GIVEN RECORDS:
· · ·

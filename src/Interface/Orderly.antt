-- ===== src/Interface/Orderly.antt =====
-- The counters of the interface: what holds of them between the calls and the jobs.
use sigmod_programming_conte.Base.{
  ℕ, ◌+◌, ◌≤◌, ◌≡◌, true, false, ◌||◌, some, length, ltb, if◌then◌else◌, to_nat, arith,
}
use sigmod_programming_conte.Interface.Server.{Server, enter_queries, request_results}

module _ {M X R : Type 0} where
  -- The documents that were read and have no `JobGenerateRes` yet.
  abbrev pub waiting : Server M X R → ℕ
  waiting s = if s.gnflag || ltb 0 s.job_runs then length s.globaldocs else 0

  -- Each document of the batch that is not yet returned is with one job or among the results. While documents come
  -- in, nothing is generated. Queries change only between batches, which `batch_end` lets them do once.
  pub record IsOrderly (s : Server M X R) : Type 0 where
    pub counted : s.res_avail ≡ length s.docs
    pub entered : s.matching ≡ true → (s.docsofbatch ≡ 0) × (s.batch_end ≡ 0)
    pub outside : s.matching ≡ false → s.batch_end + to_nat (ltb 0 s.docsofbatch) ≡ 1
    pub outstanding :
        s.docsofbatch ≡ length (s.documents).pending + waiting s + length s.gen_jobs + length s.docs
    pub collecting :
        s.gnflag ≡ true → (s.job_runs ≡ 0) × (length s.gen_jobs ≡ 0) × (length s.docs ≡ 0)
    pub asked : s.gnflag ≡ false → s.job_runs ≡ 0 → length (s.documents).pending ≡ 0
    pub single : s.job_runs ≤ 1
    pub first : s.job_runs ≡ 1 → (length s.gen_jobs ≡ 0) × (length s.docs ≡ 0)
    pub busy : (s.gnflag || ltb 0 s.job_runs) ≡ true → 1 ≤ s.docsofbatch
    pub idle : s.docsofbatch ≡ 0 → length s.globaldocs ≡ 0

  -- The counters of two states agree.
  pub record Frame (s t : Server M X R) : Type 0 where
    pub matching : t.matching ≡ s.matching
    pub gnflag : t.gnflag ≡ s.gnflag
    pub batch_end : t.batch_end ≡ s.batch_end
    pub docsofbatch : t.docsofbatch ≡ s.docsofbatch
    pub res_avail : t.res_avail ≡ s.res_avail
    pub docs : t.docs ≡ s.docs
    pub globaldocs : t.globaldocs ≡ s.globaldocs
    pub documents : t.documents ≡ s.documents
    pub job_runs : t.job_runs ≡ s.job_runs
    pub gen_jobs : t.gen_jobs ≡ s.gen_jobs

  pub Frame-IsOrderly : (s t : Server M X R) → Frame s t → IsOrderly s → IsOrderly t
  Frame-IsOrderly s t f inv = ground arith

  pub enter_queries-IsOrderly :
      (s t : Server M X R)
      → enter_queries s ≡ some t
      → IsOrderly s
      → IsOrderly t × (t.matching ≡ true)
  unfolding enter_queries
  enter_queries-IsOrderly s t run inv = ground arith

  pub request_results-IsOrderly : (s : Server M X R) → IsOrderly s → IsOrderly (request_results s)
  unfolding request_results
  request_results-IsOrderly s inv = ground arith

· · ·

EXERCISE INSTRUCTIONS:
Exact repetition of every entry in the data is required.

TASK RESPONSE:
filename src/Interface/Orderly.antt
-- ===== src/Interface/Orderly.antt =====
-- The counters of the interface: what holds of them between the calls and the jobs.
use sigmod_programming_conte.Base.{
  ℕ, ◌+◌, ◌≤◌, ◌≡◌, true, false, ◌||◌, some, length, ltb, if◌then◌else◌, to_nat, arith,
}
use sigmod_programming_conte.Interface.Server.{Server, enter_queries, request_results}

module _ {M X R : Type 0} where
  -- The documents that were read and have no `JobGenerateRes` yet.
  abbrev pub waiting : Server M X R → ℕ
  waiting s = if s.gnflag || ltb 0 s.job_runs then length s.globaldocs else 0

  -- Each document of the batch that is not yet returned is with one job or among the results. While documents come
  -- in, nothing is generated. Queries change only between batches, which `batch_end` lets them do once.
  pub record IsOrderly (s : Server M X R) : Type 0 where
    pub counted : s.res_avail ≡ length s.docs
    pub entered : s.matching ≡ true → (s.docsofbatch ≡ 0) × (s.batch_end ≡ 0)
    pub outside : s.matching ≡ false → s.batch_end + to_nat (ltb 0 s.docsofbatch) ≡ 1
    pub outstanding :
        s.docsofbatch ≡ length (s.documents).pending + waiting s + length s.gen_jobs + length s.docs
    pub collecting :
        s.gnflag ≡ true → (s.job_runs ≡ 0) × (length s.gen_jobs ≡ 0) × (length s.docs ≡ 0)
    pub asked : s.gnflag ≡ false → s.job_runs ≡ 0 → length (s.documents).pending ≡ 0
    pub single : s.job_runs ≤ 1
    pub first : s.job_runs ≡ 1 → (length s.gen_jobs ≡ 0) × (length s.docs ≡ 0)
    pub busy : (s.gnflag || ltb 0 s.job_runs) ≡ true → 1 ≤ s.docsofbatch
    pub idle : s.docsofbatch ≡ 0 → length s.globaldocs ≡ 0

  -- The counters of two states agree.
  pub record Frame (s t : Server M X R) : Type 0 where
    pub matching : t.matching ≡ s.matching
    pub gnflag : t.gnflag ≡ s.gnflag
    pub batch_end : t.batch_end ≡ s.batch_end
    pub docsofbatch : t.docsofbatch ≡ s.docsofbatch
    pub res_avail : t.res_avail ≡ s.res_avail
    pub docs : t.docs ≡ s.docs
    pub globaldocs : t.globaldocs ≡ s.globaldocs
    pub documents : t.documents ≡ s.documents
    pub job_runs : t.job_runs ≡ s.job_runs
    pub gen_jobs : t.gen_jobs ≡ s.gen_jobs

  pub Frame-IsOrderly : (s t : Server M X R) → Frame s t → IsOrderly s → IsOrderly t
  Frame-IsOrderly s t f inv = ground arith

  pub enter_queries-IsOrderly :
      (s t : Server M X R)
      → enter_queries s ≡ some t
      → IsOrderly s
      → IsOrderly t × (t.matching ≡ true)
  unfolding enter_queries
  enter_queries-IsOrderly s t run inv = ground arith

  pub request_results-IsOrderly : (s : Server M X R) → IsOrderly s → IsOrderly (request_results s)
  unfolding request_results
  request_results-IsOrderly s inv = ground arith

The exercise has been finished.